%%

-- ===== src/Plan/Scheduler/Dependencies.antt =====
-- The incoming edges of a node (internal/usecase/agentosplan/scheduler.go, `dependencyEvaluation`,
-- `evaluateDependencies`, `evaluateAllJoin`, `evaluateAnyJoin`, `evaluateEdges`).
use go_agent.Prelude.{
  ℕ, ◌+◌, ltb, ◌==◌, String, is_empty, Bool, true, false, List, [], ◌∷◌, ◌++◌, none, some, Result,
  ok, err, errorf, wrapf, ◌>>=◌, err_invalid_run_plan, if◌then◌else◌, string_key,
}
use go_agent.Prelude.Dict.{Dict, get}
use go_agent.Control.{PlanNodeSpec, PlanEdgeSpec, PlanNodeStatus, PlanJoinStrategy, NodeLifecycle}
use go_agent.Plan.Scheduler.Trigger.{
  ExpressionCompiler, Vars, ConditionEvaluationTrace, evaluate, edge_trigger, edge_satisfied,
  node_terminal, normalize_join,
}

pub record DependencyEvaluation : Type 0 where
  pub ready : Bool
  pub impossible : Bool
  pub reason : String
  pub traces : List ConditionEvaluationTrace

-- The results of `evaluateEdges`. The counters are bounded by the number of edges.
pub record EdgeCounts : Type 0 where
  pub waiting : ℕ
  pub satisfied : ℕ
  pub impossible : ℕ
  pub traces : List ConditionEvaluationTrace

abbrev pub no_counts : EdgeCounts
no_counts = record { waiting = 0; satisfied = 0; impossible = 0; traces = [] }

unfoldable pub edge_traces :
    PlanNodeSpec → PlanEdgeSpec → NodeLifecycle → Bool → List ConditionEvaluationTrace
unfolding edge_trigger
edge_traces node edge parent is_active =
    if is_empty edge.condition
    then []
    else record {
      scope = "edge";
      node_id = node.node_id;
      edge_id = edge.edge_id;
      from = edge.from;
      to = edge.to;
      expression = edge.condition;
      result = is_active;
      on = edge_trigger edge.on;
      parent_state = parent;
    }
      ∷ []

-- The counters after an edge whose parent is terminal and whose condition is evaluated.
unfoldable pub count_edge :
    PlanNodeSpec → PlanEdgeSpec → NodeLifecycle → Bool → EdgeCounts → EdgeCounts
unfolding edge_traces edge_satisfied edge_trigger
count_edge node edge parent is_active counts =
    let traced = record counts {
      traces = counts.traces ++ edge_traces node edge parent is_active;
    } in
    if is_active
    then if edge_satisfied (edge_trigger edge.on) parent
      then record traced { satisfied = traced.satisfied + 1 }
      else record traced { impossible = traced.impossible + 1 }
    else traced

module _ (compiler : ExpressionCompiler) (nodes : Dict String PlanNodeStatus) (vars : Vars) where
  -- One turn of the loop of `evaluateEdges`.
  unfoldable pub evaluate_edge : PlanNodeSpec → PlanEdgeSpec → EdgeCounts → Result EdgeCounts
  unfolding get node_terminal evaluate count_edge
  evaluate_edge node edge counts = elim (get edge.from nodes) [
    | none ↦
        err (
          errorf err_invalid_run_plan "edge %q from unknown node %q"
            (edge.edge_id ∷ edge.from ∷ []))
    | some parent ↦
        if node_terminal parent.lifecycle_state
        then elim (evaluate compiler edge.condition vars) [
          | err e ↦ err (wrapf "edge %q condition" e)
          | ok is_active ↦ ok (count_edge node edge parent.lifecycle_state is_active counts)
        ]
        else ok (record counts { waiting = counts.waiting + 1 })
  ]

  unfoldable pub evaluate_edges : PlanNodeSpec → List PlanEdgeSpec → EdgeCounts → Result EdgeCounts
  unfolding evaluate_edge
  evaluate_edges node [] counts = ok counts
  evaluate_edges node (edge ∷ edges) counts =
      evaluate_edge node edge counts >>= evaluate_edges node edges

unfoldable pub evaluate_all_join :
    ℕ → ℕ → ℕ → ℕ → List ConditionEvaluationTrace → DependencyEvaluation
evaluate_all_join waiting satisfied impossible active traces =
    if ltb 0 impossible
    then record {
      ready = false;
      impossible = true;
      reason = "required dependency edge cannot be satisfied";
      traces = traces;
    }
    else if ltb 0 waiting
    then record { ready = false; impossible = false; reason = ""; traces = traces }
    else if active == 0
    then record {
      ready = false;
      impossible = true;
      reason = "no active incoming dependency edges";
      traces = traces;
    }
    else record { ready = satisfied == active; impossible = false; reason = ""; traces = traces }

unfoldable pub evaluate_any_join :
    ℕ → ℕ → ℕ → ℕ → List ConditionEvaluationTrace → DependencyEvaluation
evaluate_any_join waiting satisfied impossible active traces =
    if ltb 0 satisfied
    then record { ready = true; impossible = false; reason = ""; traces = traces }
    else if ltb 0 waiting
    then record { ready = false; impossible = false; reason = ""; traces = traces }
    else if active == 0
    then record {
      ready = false;
      impossible = true;
      reason = "no active incoming dependency edges";
      traces = traces;
    }
    else if impossible == active
    then record {
      ready = false;
      impossible = true;
      reason = "no dependency edge can be satisfied";
      traces = traces;
    }
    else record { ready = false; impossible = false; reason = ""; traces = traces }

-- The text that a join strategy stands for, for error messages.
abbrev pub join_text : PlanJoinStrategy → String
join_text PlanJoinStrategy.unset = ""
join_text PlanJoinStrategy.join_all = "all"
join_text PlanJoinStrategy.join_any = "any"
join_text PlanJoinStrategy.join_first = "first"
join_text (PlanJoinStrategy.other name) = name

unfoldable pub join_counts : PlanJoinStrategy → EdgeCounts → Result DependencyEvaluation
unfolding normalize_join evaluate_all_join evaluate_any_join
join_counts join counts =
    let active = counts.satisfied + counts.impossible in
    elim (normalize_join join) [
      | PlanJoinStrategy.join_all ↦
          ok (
            evaluate_all_join counts.waiting counts.satisfied counts.impossible active
              counts.traces)
      | PlanJoinStrategy.join_any ↦
          ok (
            evaluate_any_join counts.waiting counts.satisfied counts.impossible active
              counts.traces)
      | PlanJoinStrategy.join_first ↦
          ok (
            evaluate_any_join counts.waiting counts.satisfied counts.impossible active
              counts.traces)
      | _ ↦ err (errorf err_invalid_run_plan "invalid join strategy %q" (join_text join ∷ []))
    ]

unfoldable pub evaluate_dependencies :
    ExpressionCompiler
    → PlanNodeSpec
    → List PlanEdgeSpec
    → Dict String PlanNodeStatus
    → Vars
    → Result DependencyEvaluation
unfolding evaluate_edges join_counts
evaluate_dependencies compiler node [] nodes vars =
    ok (record { ready = true; impossible = false; reason = ""; traces = [] })
evaluate_dependencies compiler node (edge ∷ edges) nodes vars =
    evaluate_edges compiler nodes vars node (edge ∷ edges) no_counts
    >>= join_counts node.policy.join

%%

Above are the entries; repeat their lines exactly, from the first through the one that contains "from = edge.from;".

-- ===== src/Plan/Scheduler/Dependencies.antt =====
-- The incoming edges of a node (internal/usecase/agentosplan/scheduler.go, `dependencyEvaluation`,
-- `evaluateDependencies`, `evaluateAllJoin`, `evaluateAnyJoin`, `evaluateEdges`).
use go_agent.Prelude.{
  ℕ, ◌+◌, ltb, ◌==◌, String, is_empty, Bool, true, false, List, [], ◌∷◌, ◌++◌, none, some, Result,
  ok, err, errorf, wrapf, ◌>>=◌, err_invalid_run_plan, if◌then◌else◌, string_key,
}
use go_agent.Prelude.Dict.{Dict, get}
use go_agent.Control.{PlanNodeSpec, PlanEdgeSpec, PlanNodeStatus, PlanJoinStrategy, NodeLifecycle}
use go_agent.Plan.Scheduler.Trigger.{
  ExpressionCompiler, Vars, ConditionEvaluationTrace, evaluate, edge_trigger, edge_satisfied,
  node_terminal, normalize_join,
}

pub record DependencyEvaluation : Type 0 where
  pub ready : Bool
  pub impossible : Bool
  pub reason : String
  pub traces : List ConditionEvaluationTrace

-- The results of `evaluateEdges`. The counters are bounded by the number of edges.
pub record EdgeCounts : Type 0 where
  pub waiting : ℕ
  pub satisfied : ℕ
  pub impossible : ℕ
  pub traces : List ConditionEvaluationTrace

abbrev pub no_counts : EdgeCounts
no_counts = record { waiting = 0; satisfied = 0; impossible = 0; traces = [] }

unfoldable pub edge_traces :
    PlanNodeSpec → PlanEdgeSpec → NodeLifecycle → Bool → List ConditionEvaluationTrace
unfolding edge_trigger
edge_traces node edge parent is_active =
    if is_empty edge.condition
    then []
    else record {
      scope = "edge";
      node_id = node.node_id;
      edge_id = edge.edge_id;
      from = edge.from;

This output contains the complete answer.